Genetic locus on MWF rat chromosome 6 affects kidney damage in response to L-NAME treatment in spontaneously hypertensive rats

Schulz A, Schutten S, Schulte L, Kossmehl P, Nyengaard JR, Vetter R, Huber M, Kreutz R. Genetic locus on MWF rat chromosome 6 affects kidney damage in response to L-NAME treatment in spontaneously hypertensive rats. Physiol Genomics 42: 126-133, 2010. First published April 13, 2010; doi:10.1152/physiolgenomics.00036.2010.-A major quantitative trait locus (QTL) on rat chromosome (RNO) 6 was linked to albuminuria in Munich Wistar Fromter rats (MWF).
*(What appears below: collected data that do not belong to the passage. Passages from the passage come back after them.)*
-- ===== src/Ptx/Execute/Rounds.antt =====
-- One round, and the loop of rounds: it ends within the cap, and only when every thread has.
use rouge_v.Base.{
  ℕ, zero, suc, ◌+◌, ◌≤◌, ◌<◌, ◌≡◌, true, false, not, ◌||◌, List, [], ◌∷◌, map, Option, none, some,
  ltb, arith, refl, inl, inr, Bool-cases, ltb_false→le,
}
use rouge_v.Ptx.Execute.{
  Outcome, Thread, step_error, settle, is_runnable, any_runnable, any_alive, Pass, fault, pass,
  BlockResult, failed, completed, out_of_fuel, keep_thread, unblock, release, run_pass, run_rounds,
  run_block, fresh_threads,
}

-- After a release a live thread can run, if any thread is alive.
any_alive-release : (ts : List Thread) → any_alive (release ts) ≡ any_runnable (release ts)
unfolding release
any_alive-release ts = elim (Bool-cases (any_runnable ts)) [
  | inl t ↦ rw t (ground (arith, runnable→alive ts))
  | inr f ↦ rw f (unblocked ts)
]
  where
    runnable→alive : (ts : List Thread) → any_runnable ts ≡ true → any_alive ts ≡ true
    runnable→alive [] h = cc
    runnable→alive (t ∷ ts) h = ground (arith, runnable→alive ts)

    unblocked : (ts : List Thread) → any_alive (map unblock ts) ≡ any_runnable (map unblock ts)
    unblocked [] = refl
    unblocked (t ∷ ts) = ground (arith, unblocked ts)

fresh-fair : (n : ℕ) → any_alive (fresh_threads n) ≡ any_runnable (fresh_threads n)
unfolding fresh_threads
fresh-fair zero = refl
fresh-fair (suc n) = refl

module _ {Block : Type 0} (step : ℕ → Block → Option (Outcome × Block)) (cap : ℕ) where
  abbrev PassGood : List Thread → ℕ → Pass Block → Type 0
  PassGood ts steps (fault e) = Unit {0}
  PassGood ts steps (pass false ts' steps' b') =
      (any_runnable ts ≡ false) × (ts' ≡ ts) × (steps' ≡ steps)
  PassGood ts steps (pass true ts' steps' b') =
      (any_runnable ts ≡ true) × (steps < steps') × (steps' ≤ cap)

  skip-good :
      (t : Thread) (ts : List Thread) (steps : ℕ) (p : Pass Block)
      → is_runnable t ≡ false
      → PassGood ts steps p
      → PassGood (t ∷ ts) steps (keep_thread false t p)
  skip-good t ts steps (fault e) idle g = tt
  skip-good t ts steps (pass false ts' steps' b') idle g = ground arith
  skip-good t ts steps (pass true ts' steps' b') idle g = ground arith

  ran-good :
      (t t' : Thread) (ts : List Thread) (steps : ℕ) (p : Pass Block)
      → is_runnable t ≡ true
      → steps + 1 ≤ cap
      → PassGood ts (steps + 1) p
      → PassGood (t ∷ ts) steps (keep_thread true t' p)
  ran-good t t' ts steps (fault e) live room g = tt
  ran-good t t' ts steps (pass false ts' steps' b') live room g = ground arith
  ran-good t t' ts steps (pass true ts' steps' b') live room g = ground arith

  stepped-good :
      (i : ℕ) (t : Thread) (ts : List Thread) (steps : ℕ) (o : Option (Outcome × Block))
      → is_runnable t ≡ true
      → steps + 1 ≤ cap
      → ((b' : Block) → PassGood ts (steps + 1) (run_pass step cap (i + 1) ts (steps + 1) b'))
      → PassGood (t ∷ ts) steps (elim o [
        | none ↦ fault step_error
        | some (rc, b') ↦
            keep_thread true (settle t rc) (run_pass step cap (i + 1) ts (steps + 1) b')
      ])
  stepped-good i t ts steps none live room g = tt
  stepped-good i t ts steps (some (rc, b')) live room g =
      ran-good t (settle t rc) ts steps _ live room (g b')

  -- A round with no thread to run changes nothing; any other makes a step and stays in the cap.
  run_pass-good :
      (i : ℕ) (ts : List Thread) (steps : ℕ) (b : Block)
      → PassGood ts steps (run_pass step cap i ts steps b)
  unfolding run_pass
  run_pass-good i [] steps b = (refl, refl, refl)
  run_pass-good i (t ∷ ts) steps b =
      let rest = run_pass-good (i + 1) ts steps b in
      let next = run_pass-good (i + 1) ts (steps + 1) in
      elim (Bool-cases (not t.alive || t.blocked)) [
        | inl idle ↦ rw idle (skip-good t ts steps _ (ground arith) rest)
        | inr live ↦ rw live (elim (Bool-cases (ltb cap (steps + 1))) [
          | inl over ↦ rw over tt
          | inr room ↦
              rw room
                (stepped-good i t ts steps (step i b) (ground arith) (ltb_false→le _ _ room) next)
        ])
      ]

  -- Every thread of the block has finished, or the block failed.
  abbrev pub AllFinished : BlockResult Block → Type 0
  AllFinished (failed e) = Unit {0}
  AllFinished (completed ts steps b) = (any_alive ts ≡ false) × (steps ≤ cap)
  AllFinished out_of_fuel = ⊥

  run_rounds-from :
      (fuel : ℕ) (ts : List Thread) (steps : ℕ) (b : Block)
      → any_alive ts ≡ any_runnable ts
      → steps ≤ cap
      → cap < fuel + steps
      → AllFinished (run_rounds step cap fuel ts steps b)
  unfolding run_rounds
  run_rounds-from zero ts steps b fair room enough = omega arith
  run_rounds-from (suc fuel) ts steps b fair room enough =
      go (run_pass step cap 0 ts steps b) (run_pass-good 0 ts steps b) (run_rounds-from fuel)
    where
      go :
          (p : Pass Block)
          → PassGood ts steps p
          → ((ts' : List Thread) (steps' : ℕ) (b' : Block)
              → any_alive ts' ≡ any_runnable ts'
              → steps' ≤ cap
              → cap < fuel + steps'
              → AllFinished (run_rounds step cap fuel ts' steps' b'))
          → AllFinished (elim p [
            | fault e ↦ failed e
            | pass false ts' steps' b' ↦ completed ts' steps' b'
            | pass true ts' steps' b' ↦ run_rounds step cap fuel (release ts') steps' b'
          ])
      go (fault e) g next = tt
      go (pass false ts' steps' b') g next = ground arith
      go (pass true ts' steps' b') g next =
          next (release ts') steps' b' (any_alive-release ts') g.2 (omega arith)

  -- The scheduler always comes to an end within the cap on steps; unless it fails, every thread
  -- has finished: no block ends with a thread parked at a barrier.
  pub run_block-AllFinished : (threads : ℕ) (b : Block) → AllFinished (run_block step cap threads b)
  unfolding run_block
  run_block-AllFinished threads b =
      run_rounds-from (suc cap) (fresh_threads threads) 0 b (fresh-fair threads) (omega arith)
        (omega arith)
We tested whether transfer of MWF RNO6 into the background of albuminuria-resistant spontaneously hypertensive rats (SHR) induces albuminuria in consomic SHR-6(MWF) animals. Male MWF, SHR, and SHR-6MWF were sham operated and treated between 6 and 24 wk of age with normal water (Sham) or with water containing 20 mg/l NG-nitro-L-arginine methyl ester (L-NAME) or unilaterally nephrectomized (Nx). Compared with SHR albuminuria was not increased in SHR-6MWF in both Sham and Nx groups. All animals survived the observation period in Sham and Nx groups, while premature mortality occurred from 12-14 wk on in L-NAME-treated SHR and SHR-6MWF compared with MWF L-NAME animals, in which survival was not affected (P < 0.005, respectively). Subsequent further analysis of L-NAME-treated animals at 12 wk of age showed significantly increased arterial blood pressures in both SHR and SHR-6MWF compared with control (P < 0.05), with higher levels in SHR compared with consomics (P < 0.05). However, L-NAME-treated consomic animals demonstrated increased albuminuria compared with SHR (12.7 +/- 3.5 vs. 0.8 +/- 0.2 mg/24 h; P < 0.05) and an induction of tubulointerstitial structural injury and expression of neutrophil gelatinase-associated lipocalin mRNA (P < 0.05 vs. other strains). Our study demonstrates that isolation of the RNO6 albuminuria QTL from the MWF background and transfer into SHR fails to induce an albuminuria phenotype during normal conditions or after nephron reduction. Moreover, our data indicate that genes on RNO6 contribute to the development of L-NAME-induced renal damage in the SHR strain.